Among existing threats, we must include the limited number and types of studied applications. This means that additional research is required in order to draw conclusions about other types of software, such as non GUI-driven or mobile applications. Furthermore, as we only included open-source software, they might not be representative for other applications. As such, we believe that additional experimental evaluation is required in order to cover additional applications, programming languages as well as considered metrics.

5 Conclusions and Future Work

In this paper we establish a number of metrics that previous research has associated with software product quality. We select three open-source, user interface-driven applications developed in Java and analyze the values and relations between these metrics within each application’s entire development history.

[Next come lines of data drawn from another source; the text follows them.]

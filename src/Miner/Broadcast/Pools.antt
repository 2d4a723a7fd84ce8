-- ===== src/Miner/Broadcast/Pools.antt =====
-- miner/multiminer.go, `mine` and `broadCastBlock`: broadcasts that start at any time, while others
-- run.
use sophon_miner.Miner.{MiningBase}
use sophon_miner.Miner.Broadcast.{SubmitAnswers}
use sophon_miner.Miner.Broadcast.Agreement.{Agrees, IsSafe, is_over, run_at-IsSafe, same_or_Apart}
use sophon_miner.Miner.Broadcast.Interleaved.{
  PoolEvent, Progress, Task, allowed, answered_by, ended_with, is_out, no_block, refusing, run_at,
  run_pool, spawns, step_pool, steps, submitted_headers, waiting_turn,
}
use sophon_miner.Miner.Broadcast.Safety.{Apart, PairwiseApart}
use sophon_miner.Miner.Broadcast.Schedules.{IsBarred}
use sophon_miner.Prelude.{
  All, Bool-cases, List, [], false, inl, inr, none, ok, refl, true, ◌∷◌, ◌≡◌, ◌≢◌, ◌⊎◌,
}
use sophon_miner.SlashFilter.{Guards, SlashFilterApi}
use sophon_miner.SlashFilter.Local.Guard.{taken}
use sophon_miner.Types.{BlockHeader, ChainEpoch, Time, success}

-- A new broadcast meets no running one of its miner at its height.
abbrev pub MeetsNone : BlockHeader → List Task → Type 0
MeetsNone bh tasks = All (λ t. Apart bh t.header ⊎ (is_over t.progress ≡ true)) tasks

module _ {S : Type 0} (sf : SlashFilterApi S) (g : Guards sf)
    (records : (s : S) (bh : BlockHeader) (parent_epoch : ChainEpoch) (t : Time)
      → (sf.put_block s bh parent_epoch t success).0 ≡ ok tt) where
  -- Along a run, no broadcast starts while one of the same miner and height runs, and every block has
  -- a ticket.
  abbrev pub NoOverlap : List PoolEvent → List Task × S → Type 0
  NoOverlap [] pool = Unit {0}
  NoOverlap (spawns base bh answers ∷ events) pool =
      MeetsNone bh pool.0
      × (bh.ticket ≢ none)
      × NoOverlap events (step_pool sf (spawns base bh answers) pool)
  NoOverlap (steps i ∷ events) pool = NoOverlap events (step_pool sf (steps i) pool)

  pub spawned-Agrees :
      (base : MiningBase) (bh : BlockHeader) (answers : SubmitAnswers) (tasks : List Task)
      → MeetsNone bh tasks
      → All
          (Agrees sf g records
            (record { base = base; header = bh; answers = answers; progress = waiting_turn }))
          tasks
  spawned-Agrees base bh answers [] h = tt
  spawned-Agrees base bh answers (u ∷ tasks) (inl apart, rest) =
      (inl apart, spawned-Agrees base bh answers tasks rest)
  spawned-Agrees base bh answers (u ∷ tasks) (inr over, rest) = (
    elim (Bool-cases (is_out u.progress)) [
      | inl out ↦ elim (same_or_Apart bh u.header) [
        | inl same ↦ inr (inr (same, out, tt))
        | inr apart ↦ inl apart
      ]
      | inr kept ↦ inr (inl (over, kept))
    ],
    spawned-Agrees base bh answers tasks rest,
  )

  run_pool-IsSafe :
      (events : List PoolEvent) (tasks : List Task) (s : S)
      → NoOverlap events (tasks, s)
      → IsSafe sf g records tasks s
      → IsSafe sf g records (run_pool sf events (tasks, s)).0 (run_pool sf events (tasks, s)).1
  unfolding run_pool step_pool
  run_pool-IsSafe [] tasks s n h = h
  run_pool-IsSafe (spawns base bh answers ∷ events) tasks s (meets, ticket, n) h =
      run_pool-IsSafe events _ s n
        (spawned-Agrees base bh answers tasks meets, ((λ out. cc), ticket), h)
  run_pool-IsSafe (steps i ∷ events) tasks s n h =
      run_pool-IsSafe events (run_at sf i tasks s).0 (run_at sf i tasks s).1 n
        (run_at-IsSafe sf g records i tasks s h)

  barred_in : (p : Progress) → IsBarred sf g p → is_out p ≡ false
  barred_in waiting_turn h = refl
  barred_in (ended_with outcome) h = h
  barred_in no_block h = elim h [ ]
  barred_in allowed h = elim h [ ]
  barred_in (refusing e) h = elim h [ ]
  barred_in (answered_by b) h = elim h [ ]

  out-Apart :
      (t : Task) (tasks : List Task)
      → is_out t.progress ≡ true
      → All (Agrees sf g records t) tasks
      → All (Apart t.header) (submitted_headers tasks)
  unfolding submitted_headers
  out-Apart t [] out h = tt
  out-Apart t (u ∷ tasks) out h = elim (Bool-cases (is_out u.progress)) [
    | inr kept ↦ rw kept (out-Apart t tasks out h.1)
    | inl both ↦ rw both (at_once h.0 both, out-Apart t tasks out h.1)
  ]
    where
      at_once : Agrees sf g records t u → is_out u.progress ≡ true → Apart t.header u.header
      at_once (inl apart) both = apart
      at_once (inr (inl (over, kept))) both = cc
      at_once (inr (inr (height, gone, barred))) both = let kept = barred_in t.progress barred in cc

  pub IsSafe-PairwiseApart :
      (tasks : List Task) (s : S)
      → IsSafe sf g records tasks s
      → PairwiseApart (submitted_headers tasks)
  unfolding submitted_headers
  IsSafe-PairwiseApart [] s h = tt
  IsSafe-PairwiseApart (t ∷ tasks) s (agrees, taken, rest) = elim (Bool-cases (is_out t.progress)) [
    | inl out ↦ rw out (out-Apart t tasks out agrees, IsSafe-PairwiseApart tasks s rest)
    | inr kept ↦ rw kept (IsSafe-PairwiseApart tasks s rest)
  ]

  -- Broadcasts start at any time and their calls interleave in any order. Where none starts while one
  -- of the same miner and height runs, the submitted blocks are for pairwise different heights of
  -- their miners. It supposes that each block has a ticket, and that the filter records each mined
  -- block without an error.
  pub run_pool_apart :
      (events : List PoolEvent) (s : S)
      → NoOverlap events ([], s)
      → PairwiseApart (submitted_headers (run_pool sf events ([], s)).0)
  run_pool_apart events s n =
      IsSafe-PairwiseApart _ (run_pool sf events ([], s)).1 (run_pool-IsSafe events [] s n tt)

Each step of our evaluation is detailed and we employ open-source tooling to ensure that our evaluation is repeatable. At each step, we compare our results with a comparable large-scale evaluation, obtaining results from an aggregate of over 250Footnote 17 application versions. We believe these combined results provide a sound foundation to be used in further research.

We found that metric distributions, mean, median and modus values were consistent across the studies. Mean and median values prove stable once applications reach maturity, as evidenced in all three target applications. Comparing values across studied applications revealed the existence of trends in metric values, driven by the architecture and design of the underlying application.

With regards to identified metric dependencies, we could identify metric pairs showing strong correlation across applications and application versions, as well as certain metrics that did not show correlation with any others. We further investigated the confounding effect of class size in order to confirm our findings.

Our longitudinal approach also revealed that across many application version we could not witness significant changes to aggregated metric values. Where such changes occurred, they were mostly driven by application development as well as refactoring, and were reflected in object-oriented metric values.

An important avenue for further research regards a finer grained analysis, in order to detect significant changes at package and class levels, not just those that are visible at aggregated level. Our evaluation should be extended in order to cover other application types, including mobile and non user interface-driven software. We believe this type of research can lay the foundation for identifying suitable metric thresholds that point toward good design practices. Another aspect regards the role played by the programming language itself, as it too plays an influence on metric values.

The end goal of this research is represented by a characterization of good design and development practices, where software metrics will have an important role for understanding and controlling the software development process.